=== Problem to solve ===
Search the material for the word "under" and report each line where it turns up.

=== Input ===
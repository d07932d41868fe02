-- ===== src/Hnsw/Search/Results.antt =====
-- What a search returns: on an index whose graph is closed it does return, whichever nodes are allowed.
use distributed_vector_searc.Prelude.{
  ℕ, zero, suc, ◌+◌, ◌-◌, ◌∙◌, ◌≤◌, ◌<◌, ◌≡◌, refl, ap, subst, Bool, true, List, [], ◌∷◌, Option,
  none, some, Result, Error, ok, err, >>=-eq-ok, length, take, get_elem?, ltb, max, Ord, nat_ord,
  pair_ord, All, All-imp, All-In, All-take, length-take, Option-cases, Bool-cases, inl, inr, arith,
}
use distributed_vector_searc.Python.Sorting.{sorted, IsSorted, sorted-IsSorted, sorted-All}
use distributed_vector_searc.Filtering.Index.Flags.{elem, flag_at}
use distributed_vector_searc.Hnsw.{Space, Heapq, Hnsw, Layer, layer_at, row, distances}
use distributed_vector_searc.Hnsw.Layer.Walk.{IsClosed}
use distributed_vector_searc.Hnsw.Layer.Greedy.{greedy_descend-ok}
use distributed_vector_searc.Hnsw.Layer.Found.{
  HeapqLaws, search_layer_with_distances-ok, search_layer_filtered-ok,
}
use distributed_vector_searc.Hnsw.Insert.{descend}
use distributed_vector_searc.Hnsw.Search.{
  entries_at, search_bottom, search_from, search_with_distances, exact_among,
}

-- An array of allowed nodes has an entry for every node that may be met.
abbrev pub Covers : Option (List Bool) → (ℕ → Type 0) → Type 0
Covers none Q = Unit
Covers (some allowed) Q = (n : ℕ) → Q n → n < length allowed

-- `P layer node` says that a node is in a layer. Each layer is closed under its links and lies within
-- the one below it.
pub record IsGraph {V : Type 0} (rows : List V) (graph : List Layer) (P : ℕ → ℕ → Type 0)
    : Type 0 where
  pub closed :
      (l : ℕ)
      → l < length graph
      → (layer : Layer) × (layer_at graph l ≡ ok layer) × IsClosed rows layer (P l)
  pub nested : (l n : ℕ) → P (suc l) n → P l n

-- An index that is not empty: its entry point is in its top layer.
pub record IsEntered {V R : Type 0} (h : Hnsw V R) (P : ℕ → ℕ → Type 0) (entry top : ℕ)
    : Type 0 where
  pub at : h.entry_point ≡ some entry
  pub layers : h.levels ≡ suc top
  pub enough : top < length h.graph
  pub inside : P top entry

abbrev pub allows : Option (List Bool) → ℕ → Bool
allows none n = true
allows (some allowed) n = flag_at allowed n

ok-inj : {A : Type 0} {a b : A} → ok a ≡ ok b → a ≡ b
ok-inj e = cc

sums : (level above : ℕ) → level + suc above ≡ suc (level + above)
sums level above = omega arith

entered :
    {A : Type 0} (at : Option ℕ) (next : ℕ → Result (List A)) (entry : ℕ)
    → at ≡ some entry
    → (elim at [ none ↦ ok [] | some e ↦ next e ]) ≡ next entry
entered none next entry e = cc
entered (some n) next entry e = let same : n ≡ entry = cc in ap next same

module _ {D : Type 0} ⦃o : Ord D⦄ where
  take-IsSorted : (k : ℕ) (xs : List (D × ℕ)) → IsSorted xs → IsSorted (take k xs)
  take-IsSorted zero xs h = tt
  take-IsSorted (suc k) [] h = tt
  take-IsSorted (suc k) (x ∷ xs) h = (All-take _ k xs h.0, take-IsSorted k xs h.1)

  -- What `sorted(scored)[:k]` is.
  pub record Nearest (k : ℕ) (Q : ℕ → Type 0) (results : List (D × ℕ)) : Type 0 where
    pub ordered : IsSorted results
    pub few : length results ≤ k
    pub good : All (λ r. Q r.1) results

  pub sorted-Nearest :
      (k : ℕ) (Q : ℕ → Type 0) (found : List (D × ℕ))
      → All (λ r. Q r.1) found
      → Nearest k Q (take k (sorted found))
  sorted-Nearest k Q found h = record {
    ordered = take-IsSorted k (sorted found) (sorted-IsSorted found);
    few = omega (arith, length-take k (sorted found));
    good = All-take (λ r. Q r.1) k (sorted found) (sorted-All (λ r. Q r.1) found h);
  }

  pub entries_at-All :
      (Q : D × ℕ → Type 0) (pairs : List (D × ℕ)) (indices : List ℕ) (nearest : List (D × ℕ))
      → All Q pairs
      → entries_at pairs indices ≡ ok nearest
      → All Q nearest
  unfolding entries_at
  entries_at-All Q pairs [] nearest h e = let same : [] ≡ nearest = cc in subst (All Q) same tt
  entries_at-All Q pairs (i ∷ indices) nearest h e = elim (Option-cases (get_elem? pairs i)) [
    | inl absent ↦
        let raised : err Error.index_error ≡ ok nearest = rw (absent, entries_at) at e in cc
    | inr (pair, present) ↦
        let (rest, a, b) =
          >>=-eq-ok (entries_at pairs indices) (λ rest. ok (pair ∷ rest))
            (rw (present, entries_at) at e) in
        let same : pair ∷ rest ≡ nearest = cc in
        subst (All Q) same
          (All-In Q pairs pair h (i, present), entries_at-All Q pairs indices rest h a)
  ]

module _ {V D : Type 0} ⦃o : Ord D⦄ (s : Space V D) (P : ℕ → ℕ → Type 0) where
  pub descend-ok :
      (rows : List V) (graph : List Layer) (unit : V) (level above entry : ℕ)
      → IsGraph rows graph P
      → level + above < length graph
      → P (level + above) entry
      → (found : ℕ) × (descend s rows graph unit level above entry ≡ ok found) × P level found
  unfolding descend
  descend-ok rows graph unit level zero entry g k p =
      let same : level + 0 ≡ level = omega arith in (entry, refl, subst (λ l. P l entry) same p)
  descend-ok rows graph unit level (suc above) entry g k p =
      let (layer, at, closed) = g.closed (level + suc above) k in
      let (next, walks, q) =
        greedy_descend-ok s unit rows layer (P (level + suc above)) closed entry p in
      let (found, rest, r) =
        descend-ok rows graph unit level above next g (omega (arith, k))
          (g.nested (level + above) next (subst (λ l. P l next) (sums level above) q)) in
      (found, rw at (rw walks rest), r)

module _ {V D R : Type 0} ⦃o : Ord D⦄ (s : Space V D) (heap : Heapq D) (laws : HeapqLaws heap)
    (P : ℕ → ℕ → Type 0) where
  search_bottom-ok :
      (h : Hnsw V R) (query : V) (k entry : ℕ) (allowed : Option (List Bool))
      → IsGraph h.rows h.graph P
      → 0 < length h.graph
      → 0 < h.ef_search
      → P 0 entry
      → Covers allowed (P 0)
      → (found : List (D × ℕ)) × (search_bottom s heap h query k entry allowed ≡ ok found)
        × All (λ r. P 0 r.1 × (allows allowed r.1 ≡ true)) found
  unfolding search_bottom
  search_bottom-ok h query k entry none g pos ef p covers =
      let (layer, at, closed) = g.closed 0 pos in
      let (found, returns, some_found, good) =
        search_layer_with_distances-ok s heap laws h.rows layer (P 0) closed query entry h.ef_search
          p in
      (found, rw at returns, All-imp (λ r. P 0 r.1) _ found (λ r q. (q, refl)) good)
  search_bottom-ok h query k entry (some allowed) g pos ef p covers =
      let (layer, at, closed) = g.closed 0 pos in
      let (found, returns, good) =
        search_layer_filtered-ok s heap laws h.rows layer (P 0) closed query entry
          (max h.ef_search k) allowed p (omega (arith, ef)) covers in
      (found, rw at returns, good)

  search_from-ok :
      (h : Hnsw V R) (query : V) (k entry top : ℕ) (allowed : Option (List Bool))
      → IsGraph h.rows h.graph P
      → IsEntered h P entry top
      → 0 < h.ef_search
      → Covers allowed (P 0)
      → (results : List (D × ℕ)) × (search_from s heap h query k allowed entry ≡ ok results)
        × Nearest k (λ n. P 0 n × (allows allowed n ≡ true)) results
  unfolding search_from
  search_from-ok h query k entry top allowed g start ef covers =
      let from : top ≡ 0 + top = omega arith in
      let (bottom, walks, p) =
        descend-ok s P h.rows h.graph query 0 top entry g (omega (arith, start.enough))
          (subst (λ l. P l entry) from start.inside) in
      let (found, returns, good) =
        search_bottom-ok h query k bottom allowed g (omega (arith, start.enough)) ef p covers in
      let levels : h.levels - 1 ≡ top = omega (arith, start.layers) in
      (
        take k (sorted found),
        rw levels (rw walks (rw returns refl)),
        sorted-Nearest k (λ n. P 0 n × (allows allowed n ≡ true)) found good,
      )

  -- On an index that is not empty, whose every layer is closed under its links, has its vectors
  -- stored and lies within the layer below, whose entry point is in its top layer, and whose
  -- ef_search is positive, search_with_distances ends without error for every query, every k, and
  -- no array of allowed nodes or any that has an entry for each node of the lowest layer: it
  -- returns at most k results, sorted by distance and then by node, all of them nodes of the lowest
  -- layer that are allowed.
  pub search_with_distances-ok :
      (h : Hnsw V R) (vector : V) (k entry top : ℕ) (allowed : Option (List Bool))
      → IsGraph h.rows h.graph P
      → IsEntered h P entry top
      → 0 < h.ef_search
      → Covers allowed (P 0)
      → (results : List (D × ℕ)) × (search_with_distances s heap h vector k allowed ≡ ok results)
        × Nearest k (λ n. P 0 n × (allows allowed n ≡ true)) results
  unfolding search_with_distances
  search_with_distances-ok h vector k entry top allowed g start ef covers =
      let (results, returns, good) =
        search_from-ok h (s.normalize vector) k entry top allowed g start ef covers in
      (
        results,
        entered h.entry_point (search_from s heap h (s.normalize vector) k allowed) entry start.at
            ∙ returns,
        good,
      )

module _ {V D : Type 0} ⦃o : Ord D⦄ (s : Space V D) where
  distances-among :
      (rows : List V) (query : V) (nodes : List ℕ) (pairs : List (D × ℕ))
      → distances s rows query nodes ≡ ok pairs
      → All (λ p. elem p.1 nodes ≡ true) pairs
  unfolding distances
  distances-among rows query [] pairs e = let same : [] ≡ pairs = cc in subst (All _) same tt
  distances-among rows query (node ∷ nodes) pairs e =
      let (v, a, k) = >>=-eq-ok (row rows node) _ e in
      let (rest, b, same') =
        >>=-eq-ok (distances s rows query nodes) (λ rest. ok ((s.distance v query, node) ∷ rest))
          k in
      let same : (s.distance v query, node) ∷ rest ≡ pairs = cc in
      subst (All (λ p. elem p.1 (node ∷ nodes) ≡ true)) same (
        ground arith,
        All-imp (λ p. elem p.1 nodes ≡ true) (λ p. elem p.1 (node ∷ nodes) ≡ true) rest
            (λ p h. ground (arith, h)) (distances-among rows query nodes rest b),
      )

module _ {V D R : Type 0} ⦃o : Ord D⦄ (s : Space V D) (heap : Heapq D) where
  -- If exact_among returns, then its results are at most k, sorted by distance and then by node,
  -- and all of them are among the nodes that it was given.
  pub exact_among-Nearest :
      (h : Hnsw V R) (vector : V) (nodes : List ℕ) (k : ℕ) (results : List (D × ℕ))
      → exact_among s heap h vector nodes k ≡ ok results
      → Nearest k (λ n. elem n nodes ≡ true) results
  unfolding exact_among
  exact_among-Nearest h vector [] k results e =
      let same : [] ≡ results = cc in
      subst (Nearest k _) same (record { ordered = tt; few = omega arith; good = tt })
  exact_among-Nearest h vector (node ∷ nodes) k results e =
      let among = node ∷ nodes in
      let (pairs, a, rest) = >>=-eq-ok (distances s h.rows (s.normalize vector) among) _ e in
      let good = distances-among s h.rows (s.normalize vector) among pairs a in
      let (nearest, b, last) = >>=-eq-ok _ (λ nearest. ok (take k (sorted nearest))) rest in
      let same : take k (sorted nearest) ≡ results = cc in
      let nearest_good : All (λ p. elem p.1 among ≡ true) nearest =
        elim (Bool-cases (ltb k (length pairs))) [
          | inl many ↦ entries_at-All _ pairs _ nearest good (rw many at b)
          | inr few ↦ let all : pairs ≡ nearest = ok-inj (rw few at b) in subst (All _) all good
        ] in
      subst (Nearest k _) same (sorted-Nearest k (λ n. elem n among ≡ true) nearest nearest_good)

=== Solution to the problem ===
-- `P layer node` says that a node is in a layer. Each layer is closed under its links and lies within
  -- On an index that is not empty, whose every layer is closed under its links, has its vectors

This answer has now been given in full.